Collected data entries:
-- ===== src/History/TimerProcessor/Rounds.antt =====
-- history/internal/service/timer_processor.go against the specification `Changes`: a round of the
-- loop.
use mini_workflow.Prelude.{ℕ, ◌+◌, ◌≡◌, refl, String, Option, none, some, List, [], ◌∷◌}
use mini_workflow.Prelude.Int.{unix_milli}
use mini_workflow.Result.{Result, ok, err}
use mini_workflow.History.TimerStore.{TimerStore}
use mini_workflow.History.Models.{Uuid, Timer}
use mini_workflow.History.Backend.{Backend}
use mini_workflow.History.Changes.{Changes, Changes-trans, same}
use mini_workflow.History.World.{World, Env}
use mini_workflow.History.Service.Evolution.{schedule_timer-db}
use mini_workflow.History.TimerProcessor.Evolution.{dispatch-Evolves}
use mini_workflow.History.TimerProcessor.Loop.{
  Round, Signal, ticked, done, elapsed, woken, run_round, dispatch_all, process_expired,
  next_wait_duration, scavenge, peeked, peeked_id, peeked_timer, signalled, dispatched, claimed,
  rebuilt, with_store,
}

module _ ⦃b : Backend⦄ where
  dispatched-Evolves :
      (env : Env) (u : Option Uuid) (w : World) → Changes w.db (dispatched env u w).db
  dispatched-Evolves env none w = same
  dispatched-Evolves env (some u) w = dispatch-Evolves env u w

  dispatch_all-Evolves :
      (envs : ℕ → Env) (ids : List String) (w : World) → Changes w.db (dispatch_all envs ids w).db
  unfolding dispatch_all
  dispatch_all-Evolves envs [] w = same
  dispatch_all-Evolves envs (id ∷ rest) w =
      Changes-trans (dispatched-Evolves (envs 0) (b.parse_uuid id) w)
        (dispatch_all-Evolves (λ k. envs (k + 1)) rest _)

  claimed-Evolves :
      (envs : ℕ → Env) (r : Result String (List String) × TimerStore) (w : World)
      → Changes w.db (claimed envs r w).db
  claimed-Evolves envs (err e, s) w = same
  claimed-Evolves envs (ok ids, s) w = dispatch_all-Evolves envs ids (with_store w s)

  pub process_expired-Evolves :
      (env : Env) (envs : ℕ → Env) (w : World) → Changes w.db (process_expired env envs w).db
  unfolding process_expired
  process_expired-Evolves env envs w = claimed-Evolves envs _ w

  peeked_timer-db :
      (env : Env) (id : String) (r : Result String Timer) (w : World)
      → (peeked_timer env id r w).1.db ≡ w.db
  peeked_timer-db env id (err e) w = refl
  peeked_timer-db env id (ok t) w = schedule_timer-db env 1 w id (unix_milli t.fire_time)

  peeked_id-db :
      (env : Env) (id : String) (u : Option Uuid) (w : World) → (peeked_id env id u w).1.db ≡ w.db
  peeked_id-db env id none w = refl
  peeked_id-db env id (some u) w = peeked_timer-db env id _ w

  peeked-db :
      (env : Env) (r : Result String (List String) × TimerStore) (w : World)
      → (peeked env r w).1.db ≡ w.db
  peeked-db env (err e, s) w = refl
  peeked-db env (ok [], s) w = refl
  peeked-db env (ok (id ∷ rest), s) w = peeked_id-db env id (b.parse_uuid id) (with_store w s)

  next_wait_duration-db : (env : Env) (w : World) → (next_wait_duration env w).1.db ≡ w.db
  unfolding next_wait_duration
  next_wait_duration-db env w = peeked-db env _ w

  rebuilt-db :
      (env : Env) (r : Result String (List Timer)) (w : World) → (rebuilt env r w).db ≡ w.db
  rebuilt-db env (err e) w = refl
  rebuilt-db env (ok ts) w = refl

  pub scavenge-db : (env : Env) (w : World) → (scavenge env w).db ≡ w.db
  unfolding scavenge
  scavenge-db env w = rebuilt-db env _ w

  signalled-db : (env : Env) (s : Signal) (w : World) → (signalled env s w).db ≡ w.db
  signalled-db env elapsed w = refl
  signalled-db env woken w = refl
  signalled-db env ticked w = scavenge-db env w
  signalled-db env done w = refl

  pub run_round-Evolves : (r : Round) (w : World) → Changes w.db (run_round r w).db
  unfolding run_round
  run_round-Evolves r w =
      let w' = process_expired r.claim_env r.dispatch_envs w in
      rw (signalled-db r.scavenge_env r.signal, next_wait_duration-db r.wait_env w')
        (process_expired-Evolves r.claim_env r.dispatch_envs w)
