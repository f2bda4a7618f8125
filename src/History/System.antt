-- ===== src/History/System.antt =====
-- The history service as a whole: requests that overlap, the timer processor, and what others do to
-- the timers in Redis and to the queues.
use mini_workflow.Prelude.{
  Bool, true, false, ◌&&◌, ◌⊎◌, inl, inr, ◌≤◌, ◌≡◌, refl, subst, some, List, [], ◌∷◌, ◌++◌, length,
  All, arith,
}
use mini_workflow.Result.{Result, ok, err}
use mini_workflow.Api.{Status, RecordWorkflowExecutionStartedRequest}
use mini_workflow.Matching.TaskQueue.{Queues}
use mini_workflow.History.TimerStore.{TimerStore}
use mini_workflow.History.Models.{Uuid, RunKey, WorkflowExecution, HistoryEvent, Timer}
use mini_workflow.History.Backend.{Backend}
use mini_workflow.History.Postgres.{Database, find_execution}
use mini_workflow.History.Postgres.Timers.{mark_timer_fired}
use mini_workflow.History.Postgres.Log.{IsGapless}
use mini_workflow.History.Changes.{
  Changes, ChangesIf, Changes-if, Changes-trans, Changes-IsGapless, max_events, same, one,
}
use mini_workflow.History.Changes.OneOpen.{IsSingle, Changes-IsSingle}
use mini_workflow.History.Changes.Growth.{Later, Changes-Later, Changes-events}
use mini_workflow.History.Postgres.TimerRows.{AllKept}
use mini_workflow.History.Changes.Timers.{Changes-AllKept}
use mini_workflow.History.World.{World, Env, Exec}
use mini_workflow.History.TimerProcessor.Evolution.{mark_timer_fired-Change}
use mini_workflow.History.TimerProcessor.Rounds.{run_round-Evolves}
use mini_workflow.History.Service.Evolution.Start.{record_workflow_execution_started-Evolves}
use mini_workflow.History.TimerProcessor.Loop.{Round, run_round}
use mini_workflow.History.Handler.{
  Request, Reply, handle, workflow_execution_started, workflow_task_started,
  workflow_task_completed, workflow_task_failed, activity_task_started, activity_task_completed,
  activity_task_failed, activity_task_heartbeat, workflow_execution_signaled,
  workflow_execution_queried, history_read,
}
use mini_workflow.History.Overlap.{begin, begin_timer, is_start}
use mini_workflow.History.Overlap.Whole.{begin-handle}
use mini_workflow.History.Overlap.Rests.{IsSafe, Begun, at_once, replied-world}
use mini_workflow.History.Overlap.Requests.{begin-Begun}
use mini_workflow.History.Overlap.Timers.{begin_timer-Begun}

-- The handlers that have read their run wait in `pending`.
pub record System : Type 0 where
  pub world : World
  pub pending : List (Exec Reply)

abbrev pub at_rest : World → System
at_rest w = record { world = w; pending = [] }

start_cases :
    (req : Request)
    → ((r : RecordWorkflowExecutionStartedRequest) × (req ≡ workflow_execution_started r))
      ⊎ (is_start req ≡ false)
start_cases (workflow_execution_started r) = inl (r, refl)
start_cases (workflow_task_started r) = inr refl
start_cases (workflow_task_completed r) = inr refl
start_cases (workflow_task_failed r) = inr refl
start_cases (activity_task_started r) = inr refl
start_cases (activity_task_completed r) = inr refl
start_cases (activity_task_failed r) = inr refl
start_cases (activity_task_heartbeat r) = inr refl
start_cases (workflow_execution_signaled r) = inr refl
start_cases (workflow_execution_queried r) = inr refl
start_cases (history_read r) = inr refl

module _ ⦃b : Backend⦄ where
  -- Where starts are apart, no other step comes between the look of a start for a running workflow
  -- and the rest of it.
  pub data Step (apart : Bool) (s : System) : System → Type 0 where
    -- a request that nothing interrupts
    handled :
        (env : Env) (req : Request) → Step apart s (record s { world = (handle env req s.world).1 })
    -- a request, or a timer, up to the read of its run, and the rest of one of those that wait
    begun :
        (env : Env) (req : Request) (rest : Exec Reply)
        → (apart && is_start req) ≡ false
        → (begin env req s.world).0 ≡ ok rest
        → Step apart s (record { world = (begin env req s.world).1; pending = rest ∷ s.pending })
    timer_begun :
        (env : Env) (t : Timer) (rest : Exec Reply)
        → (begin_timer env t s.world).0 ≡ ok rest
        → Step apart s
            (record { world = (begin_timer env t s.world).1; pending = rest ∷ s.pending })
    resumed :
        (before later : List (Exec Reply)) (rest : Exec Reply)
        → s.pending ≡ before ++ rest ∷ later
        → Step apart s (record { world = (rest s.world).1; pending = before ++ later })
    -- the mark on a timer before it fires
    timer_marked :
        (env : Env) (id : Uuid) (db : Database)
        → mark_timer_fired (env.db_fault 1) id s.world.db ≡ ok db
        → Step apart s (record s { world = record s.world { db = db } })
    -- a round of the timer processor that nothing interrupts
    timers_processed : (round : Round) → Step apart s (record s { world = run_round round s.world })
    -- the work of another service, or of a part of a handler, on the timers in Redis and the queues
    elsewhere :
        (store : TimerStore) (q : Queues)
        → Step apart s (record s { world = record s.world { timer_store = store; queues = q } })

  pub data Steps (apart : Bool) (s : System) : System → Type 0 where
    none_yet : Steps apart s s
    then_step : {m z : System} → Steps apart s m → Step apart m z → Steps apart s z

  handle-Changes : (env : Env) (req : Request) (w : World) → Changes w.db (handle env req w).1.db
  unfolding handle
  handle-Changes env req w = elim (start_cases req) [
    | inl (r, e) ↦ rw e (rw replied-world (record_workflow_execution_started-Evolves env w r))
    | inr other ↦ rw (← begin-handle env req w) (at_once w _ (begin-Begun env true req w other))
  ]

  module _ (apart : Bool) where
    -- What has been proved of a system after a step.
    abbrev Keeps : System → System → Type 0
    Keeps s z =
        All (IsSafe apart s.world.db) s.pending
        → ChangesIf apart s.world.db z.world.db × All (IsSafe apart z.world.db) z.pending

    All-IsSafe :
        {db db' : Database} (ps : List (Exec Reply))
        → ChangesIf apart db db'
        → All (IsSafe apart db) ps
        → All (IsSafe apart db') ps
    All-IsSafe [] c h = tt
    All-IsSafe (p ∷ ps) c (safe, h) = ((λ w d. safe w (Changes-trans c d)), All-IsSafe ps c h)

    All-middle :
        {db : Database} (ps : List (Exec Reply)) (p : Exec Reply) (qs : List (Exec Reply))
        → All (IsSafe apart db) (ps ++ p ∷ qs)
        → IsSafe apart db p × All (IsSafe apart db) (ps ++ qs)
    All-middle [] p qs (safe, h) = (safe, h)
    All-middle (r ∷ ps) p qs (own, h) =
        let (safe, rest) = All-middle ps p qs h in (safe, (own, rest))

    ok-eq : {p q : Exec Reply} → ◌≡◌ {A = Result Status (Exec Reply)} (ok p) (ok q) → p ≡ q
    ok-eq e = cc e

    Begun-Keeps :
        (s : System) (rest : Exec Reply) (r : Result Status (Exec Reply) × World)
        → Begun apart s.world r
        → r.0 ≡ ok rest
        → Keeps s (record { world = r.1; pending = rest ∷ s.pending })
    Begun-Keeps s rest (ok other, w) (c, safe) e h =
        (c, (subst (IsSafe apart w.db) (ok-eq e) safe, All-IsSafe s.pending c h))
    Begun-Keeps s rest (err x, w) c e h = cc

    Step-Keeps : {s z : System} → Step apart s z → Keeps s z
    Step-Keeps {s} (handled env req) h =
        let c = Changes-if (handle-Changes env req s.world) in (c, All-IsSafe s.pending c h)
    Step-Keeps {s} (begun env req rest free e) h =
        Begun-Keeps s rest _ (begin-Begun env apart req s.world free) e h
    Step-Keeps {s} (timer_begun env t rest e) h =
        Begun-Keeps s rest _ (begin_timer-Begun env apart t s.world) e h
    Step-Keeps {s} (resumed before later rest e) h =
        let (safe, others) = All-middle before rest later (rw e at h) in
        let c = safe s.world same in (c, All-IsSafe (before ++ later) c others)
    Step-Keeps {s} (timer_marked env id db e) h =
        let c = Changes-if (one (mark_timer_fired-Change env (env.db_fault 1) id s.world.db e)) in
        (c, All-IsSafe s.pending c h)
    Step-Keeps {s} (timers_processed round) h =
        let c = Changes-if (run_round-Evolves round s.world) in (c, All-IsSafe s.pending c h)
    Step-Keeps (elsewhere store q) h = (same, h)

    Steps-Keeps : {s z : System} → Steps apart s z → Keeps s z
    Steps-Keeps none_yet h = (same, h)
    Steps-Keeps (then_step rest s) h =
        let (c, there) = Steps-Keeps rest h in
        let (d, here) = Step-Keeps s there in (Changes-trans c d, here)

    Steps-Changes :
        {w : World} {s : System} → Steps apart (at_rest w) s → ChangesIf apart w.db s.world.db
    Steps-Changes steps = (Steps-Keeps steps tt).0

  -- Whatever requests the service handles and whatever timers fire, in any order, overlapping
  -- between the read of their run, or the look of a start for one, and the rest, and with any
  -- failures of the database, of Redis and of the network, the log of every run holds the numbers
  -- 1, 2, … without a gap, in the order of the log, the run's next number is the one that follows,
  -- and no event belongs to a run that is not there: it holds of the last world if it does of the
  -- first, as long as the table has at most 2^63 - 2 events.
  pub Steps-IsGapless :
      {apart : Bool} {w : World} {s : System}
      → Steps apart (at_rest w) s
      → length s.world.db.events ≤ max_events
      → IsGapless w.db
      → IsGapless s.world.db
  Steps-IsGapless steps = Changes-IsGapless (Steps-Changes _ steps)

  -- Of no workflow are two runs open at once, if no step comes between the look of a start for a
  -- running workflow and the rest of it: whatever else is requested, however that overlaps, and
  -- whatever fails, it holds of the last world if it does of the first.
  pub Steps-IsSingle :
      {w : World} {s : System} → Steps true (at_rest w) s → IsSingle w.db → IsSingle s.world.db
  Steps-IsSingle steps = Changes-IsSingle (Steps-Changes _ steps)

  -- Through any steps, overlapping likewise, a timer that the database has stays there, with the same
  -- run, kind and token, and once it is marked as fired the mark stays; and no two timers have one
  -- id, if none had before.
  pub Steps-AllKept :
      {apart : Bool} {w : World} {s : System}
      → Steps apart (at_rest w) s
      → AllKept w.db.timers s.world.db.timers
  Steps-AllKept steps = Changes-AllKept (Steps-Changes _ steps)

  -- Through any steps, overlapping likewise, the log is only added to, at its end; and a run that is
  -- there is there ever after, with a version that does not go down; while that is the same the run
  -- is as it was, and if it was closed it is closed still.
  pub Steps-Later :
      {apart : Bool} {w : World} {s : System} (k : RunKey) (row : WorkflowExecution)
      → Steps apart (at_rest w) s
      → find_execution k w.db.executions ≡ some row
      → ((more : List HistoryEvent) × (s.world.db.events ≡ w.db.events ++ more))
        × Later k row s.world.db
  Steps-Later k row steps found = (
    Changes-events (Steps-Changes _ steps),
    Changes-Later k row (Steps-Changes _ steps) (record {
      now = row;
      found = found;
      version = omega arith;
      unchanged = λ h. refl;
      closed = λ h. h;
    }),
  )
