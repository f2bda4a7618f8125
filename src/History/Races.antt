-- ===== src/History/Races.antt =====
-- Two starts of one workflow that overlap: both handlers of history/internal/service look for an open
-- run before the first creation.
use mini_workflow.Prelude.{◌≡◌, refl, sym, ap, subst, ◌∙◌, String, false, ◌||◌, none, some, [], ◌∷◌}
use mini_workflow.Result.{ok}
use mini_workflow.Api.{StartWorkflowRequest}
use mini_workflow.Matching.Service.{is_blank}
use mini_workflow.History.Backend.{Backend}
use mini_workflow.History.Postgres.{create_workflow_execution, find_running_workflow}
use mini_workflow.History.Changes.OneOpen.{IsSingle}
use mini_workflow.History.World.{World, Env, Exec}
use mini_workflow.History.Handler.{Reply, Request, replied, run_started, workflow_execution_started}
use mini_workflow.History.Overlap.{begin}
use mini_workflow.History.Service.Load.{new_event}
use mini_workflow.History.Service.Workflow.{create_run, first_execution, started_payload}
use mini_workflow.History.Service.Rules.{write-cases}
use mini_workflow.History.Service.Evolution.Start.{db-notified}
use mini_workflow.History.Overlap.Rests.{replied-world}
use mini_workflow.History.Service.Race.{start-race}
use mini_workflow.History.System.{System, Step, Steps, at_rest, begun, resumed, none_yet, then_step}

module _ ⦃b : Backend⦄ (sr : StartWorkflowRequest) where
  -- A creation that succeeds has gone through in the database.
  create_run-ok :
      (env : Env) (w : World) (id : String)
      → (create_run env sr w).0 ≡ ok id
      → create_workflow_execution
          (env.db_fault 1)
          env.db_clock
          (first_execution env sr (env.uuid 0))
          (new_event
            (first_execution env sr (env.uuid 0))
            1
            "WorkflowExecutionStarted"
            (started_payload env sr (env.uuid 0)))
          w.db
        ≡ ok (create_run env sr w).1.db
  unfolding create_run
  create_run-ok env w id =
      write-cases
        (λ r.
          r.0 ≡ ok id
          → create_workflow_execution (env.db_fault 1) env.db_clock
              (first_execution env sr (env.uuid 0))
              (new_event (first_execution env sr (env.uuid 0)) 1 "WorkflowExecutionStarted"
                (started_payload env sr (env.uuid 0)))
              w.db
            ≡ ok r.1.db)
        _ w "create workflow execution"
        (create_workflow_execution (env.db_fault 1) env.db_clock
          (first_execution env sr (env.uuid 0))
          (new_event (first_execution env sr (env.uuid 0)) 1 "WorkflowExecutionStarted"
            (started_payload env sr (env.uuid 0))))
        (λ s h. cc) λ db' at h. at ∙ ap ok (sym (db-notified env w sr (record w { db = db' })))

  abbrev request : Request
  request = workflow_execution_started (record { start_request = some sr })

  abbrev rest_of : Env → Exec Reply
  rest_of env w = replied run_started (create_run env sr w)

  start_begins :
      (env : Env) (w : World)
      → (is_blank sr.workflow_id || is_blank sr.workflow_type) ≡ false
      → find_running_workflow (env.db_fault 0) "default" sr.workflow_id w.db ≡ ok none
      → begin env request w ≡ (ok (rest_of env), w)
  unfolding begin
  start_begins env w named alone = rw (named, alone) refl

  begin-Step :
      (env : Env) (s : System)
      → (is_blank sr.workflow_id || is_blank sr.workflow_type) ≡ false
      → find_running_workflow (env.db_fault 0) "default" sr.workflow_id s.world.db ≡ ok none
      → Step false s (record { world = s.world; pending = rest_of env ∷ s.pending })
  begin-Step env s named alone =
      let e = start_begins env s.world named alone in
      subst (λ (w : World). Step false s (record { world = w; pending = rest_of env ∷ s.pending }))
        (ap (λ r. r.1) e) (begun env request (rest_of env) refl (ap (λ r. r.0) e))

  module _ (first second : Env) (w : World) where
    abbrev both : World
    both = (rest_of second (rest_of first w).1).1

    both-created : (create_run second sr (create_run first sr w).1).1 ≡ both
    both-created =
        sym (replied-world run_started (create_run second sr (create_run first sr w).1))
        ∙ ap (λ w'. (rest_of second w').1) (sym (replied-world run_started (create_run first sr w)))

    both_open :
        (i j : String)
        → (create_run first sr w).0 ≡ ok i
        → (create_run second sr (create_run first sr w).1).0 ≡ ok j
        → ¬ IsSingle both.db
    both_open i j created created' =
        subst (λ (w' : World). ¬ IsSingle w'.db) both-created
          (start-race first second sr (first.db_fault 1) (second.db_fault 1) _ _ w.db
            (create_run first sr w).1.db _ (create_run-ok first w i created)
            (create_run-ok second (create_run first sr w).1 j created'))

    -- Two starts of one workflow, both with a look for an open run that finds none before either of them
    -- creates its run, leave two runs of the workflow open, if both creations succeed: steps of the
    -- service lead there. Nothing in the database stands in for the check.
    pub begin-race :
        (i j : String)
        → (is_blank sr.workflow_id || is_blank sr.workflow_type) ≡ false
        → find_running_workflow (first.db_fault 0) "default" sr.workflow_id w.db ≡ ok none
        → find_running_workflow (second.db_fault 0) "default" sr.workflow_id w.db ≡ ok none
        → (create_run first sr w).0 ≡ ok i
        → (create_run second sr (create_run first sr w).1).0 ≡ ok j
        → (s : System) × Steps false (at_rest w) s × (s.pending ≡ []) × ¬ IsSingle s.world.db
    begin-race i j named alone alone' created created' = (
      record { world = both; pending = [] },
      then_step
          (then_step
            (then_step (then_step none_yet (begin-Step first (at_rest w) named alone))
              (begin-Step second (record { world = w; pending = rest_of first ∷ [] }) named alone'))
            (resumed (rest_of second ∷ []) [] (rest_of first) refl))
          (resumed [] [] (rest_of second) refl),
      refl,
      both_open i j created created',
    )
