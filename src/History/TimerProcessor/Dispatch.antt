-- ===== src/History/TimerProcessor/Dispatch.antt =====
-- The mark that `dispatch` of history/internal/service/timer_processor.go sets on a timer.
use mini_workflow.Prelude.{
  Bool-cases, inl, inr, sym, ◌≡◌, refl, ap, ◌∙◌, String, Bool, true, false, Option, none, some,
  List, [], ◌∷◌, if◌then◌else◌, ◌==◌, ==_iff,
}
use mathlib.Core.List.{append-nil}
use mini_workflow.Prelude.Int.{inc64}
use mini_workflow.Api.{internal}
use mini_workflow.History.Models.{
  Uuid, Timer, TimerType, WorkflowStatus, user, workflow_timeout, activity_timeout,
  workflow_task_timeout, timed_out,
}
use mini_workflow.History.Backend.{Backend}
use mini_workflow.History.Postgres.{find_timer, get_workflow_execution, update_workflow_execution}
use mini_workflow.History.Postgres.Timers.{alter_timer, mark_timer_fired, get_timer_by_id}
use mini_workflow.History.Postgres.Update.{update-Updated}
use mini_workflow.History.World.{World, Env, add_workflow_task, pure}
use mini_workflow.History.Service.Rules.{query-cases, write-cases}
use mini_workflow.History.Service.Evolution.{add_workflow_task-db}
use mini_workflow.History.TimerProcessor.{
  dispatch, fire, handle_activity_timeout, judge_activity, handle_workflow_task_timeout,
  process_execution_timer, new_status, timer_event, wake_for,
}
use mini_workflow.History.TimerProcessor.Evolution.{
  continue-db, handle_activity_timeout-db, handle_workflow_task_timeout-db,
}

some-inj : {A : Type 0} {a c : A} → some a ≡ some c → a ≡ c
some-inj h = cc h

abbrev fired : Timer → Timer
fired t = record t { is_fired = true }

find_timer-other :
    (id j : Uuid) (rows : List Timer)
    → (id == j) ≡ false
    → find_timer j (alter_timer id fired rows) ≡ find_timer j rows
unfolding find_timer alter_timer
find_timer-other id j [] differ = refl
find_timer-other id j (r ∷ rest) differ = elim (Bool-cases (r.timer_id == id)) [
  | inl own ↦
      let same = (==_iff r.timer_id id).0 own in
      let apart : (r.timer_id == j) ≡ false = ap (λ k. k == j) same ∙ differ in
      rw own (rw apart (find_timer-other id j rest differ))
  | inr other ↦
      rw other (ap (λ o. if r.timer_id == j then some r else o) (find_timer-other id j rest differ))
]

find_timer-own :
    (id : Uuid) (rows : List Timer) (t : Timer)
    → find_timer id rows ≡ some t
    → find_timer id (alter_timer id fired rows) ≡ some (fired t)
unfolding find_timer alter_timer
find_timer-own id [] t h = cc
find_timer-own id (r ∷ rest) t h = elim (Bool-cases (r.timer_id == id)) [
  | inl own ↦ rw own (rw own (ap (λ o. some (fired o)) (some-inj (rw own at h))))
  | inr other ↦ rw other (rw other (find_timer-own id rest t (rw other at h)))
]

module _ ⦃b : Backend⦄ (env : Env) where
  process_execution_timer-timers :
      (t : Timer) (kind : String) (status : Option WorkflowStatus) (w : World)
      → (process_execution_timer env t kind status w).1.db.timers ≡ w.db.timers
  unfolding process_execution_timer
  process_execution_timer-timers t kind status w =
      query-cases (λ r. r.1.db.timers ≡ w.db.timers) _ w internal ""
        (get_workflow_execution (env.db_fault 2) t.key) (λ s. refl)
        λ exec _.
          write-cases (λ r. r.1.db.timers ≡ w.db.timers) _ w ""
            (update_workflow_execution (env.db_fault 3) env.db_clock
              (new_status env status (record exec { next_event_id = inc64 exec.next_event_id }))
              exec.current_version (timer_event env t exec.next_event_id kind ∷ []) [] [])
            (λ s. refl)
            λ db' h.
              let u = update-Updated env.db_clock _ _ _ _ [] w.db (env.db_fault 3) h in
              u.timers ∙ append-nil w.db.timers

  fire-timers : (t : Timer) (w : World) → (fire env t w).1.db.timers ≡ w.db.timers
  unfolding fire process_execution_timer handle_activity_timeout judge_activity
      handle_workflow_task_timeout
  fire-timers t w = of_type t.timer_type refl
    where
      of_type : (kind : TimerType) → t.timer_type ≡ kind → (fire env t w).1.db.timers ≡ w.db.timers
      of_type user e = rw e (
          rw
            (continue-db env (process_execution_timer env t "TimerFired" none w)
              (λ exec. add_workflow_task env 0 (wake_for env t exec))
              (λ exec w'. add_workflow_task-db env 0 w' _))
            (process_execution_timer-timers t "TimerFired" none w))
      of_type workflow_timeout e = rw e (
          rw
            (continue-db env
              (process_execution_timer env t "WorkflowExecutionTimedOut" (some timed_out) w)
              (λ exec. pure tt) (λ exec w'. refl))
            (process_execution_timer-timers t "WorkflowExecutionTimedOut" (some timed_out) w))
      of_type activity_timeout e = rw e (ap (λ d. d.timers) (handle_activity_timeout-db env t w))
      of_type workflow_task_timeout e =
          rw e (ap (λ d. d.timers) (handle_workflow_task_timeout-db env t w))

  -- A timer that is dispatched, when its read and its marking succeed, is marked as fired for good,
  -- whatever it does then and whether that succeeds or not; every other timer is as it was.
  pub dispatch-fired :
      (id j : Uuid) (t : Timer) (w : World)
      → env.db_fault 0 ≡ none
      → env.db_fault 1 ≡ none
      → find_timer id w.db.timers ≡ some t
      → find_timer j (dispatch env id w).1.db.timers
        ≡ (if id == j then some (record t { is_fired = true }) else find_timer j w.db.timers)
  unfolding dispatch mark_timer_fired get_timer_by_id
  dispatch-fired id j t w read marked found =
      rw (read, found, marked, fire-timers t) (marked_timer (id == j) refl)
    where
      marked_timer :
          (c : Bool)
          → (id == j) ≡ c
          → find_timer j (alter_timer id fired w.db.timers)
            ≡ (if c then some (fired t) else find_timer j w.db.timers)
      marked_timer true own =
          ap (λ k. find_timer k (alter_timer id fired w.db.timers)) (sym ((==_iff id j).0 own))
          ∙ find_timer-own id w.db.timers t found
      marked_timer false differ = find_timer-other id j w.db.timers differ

* [TO DO]
Return, word for word, the lines of the data above from the line with "start_cases (workflow_execution_signaled r)" through the line with "(env : Env) (req : Request) →", inclusive.

* [SOLUTION TO THE PROBLEM]
start_cases (workflow_execution_signaled r) = inr refl
start_cases (workflow_execution_queried r) = inr refl
start_cases (history_read r) = inr refl

module _ ⦃b : Backend⦄ where
  -- Where starts are apart, no other step comes between the look of a start for a running workflow
  -- and the rest of it.
  pub data Step (apart : Bool) (s : System) : System → Type 0 where
    -- a request that nothing interrupts
    handled :
        (env : Env) (req : Request) → Step apart s (record s { world = (handle env req s.world).1 })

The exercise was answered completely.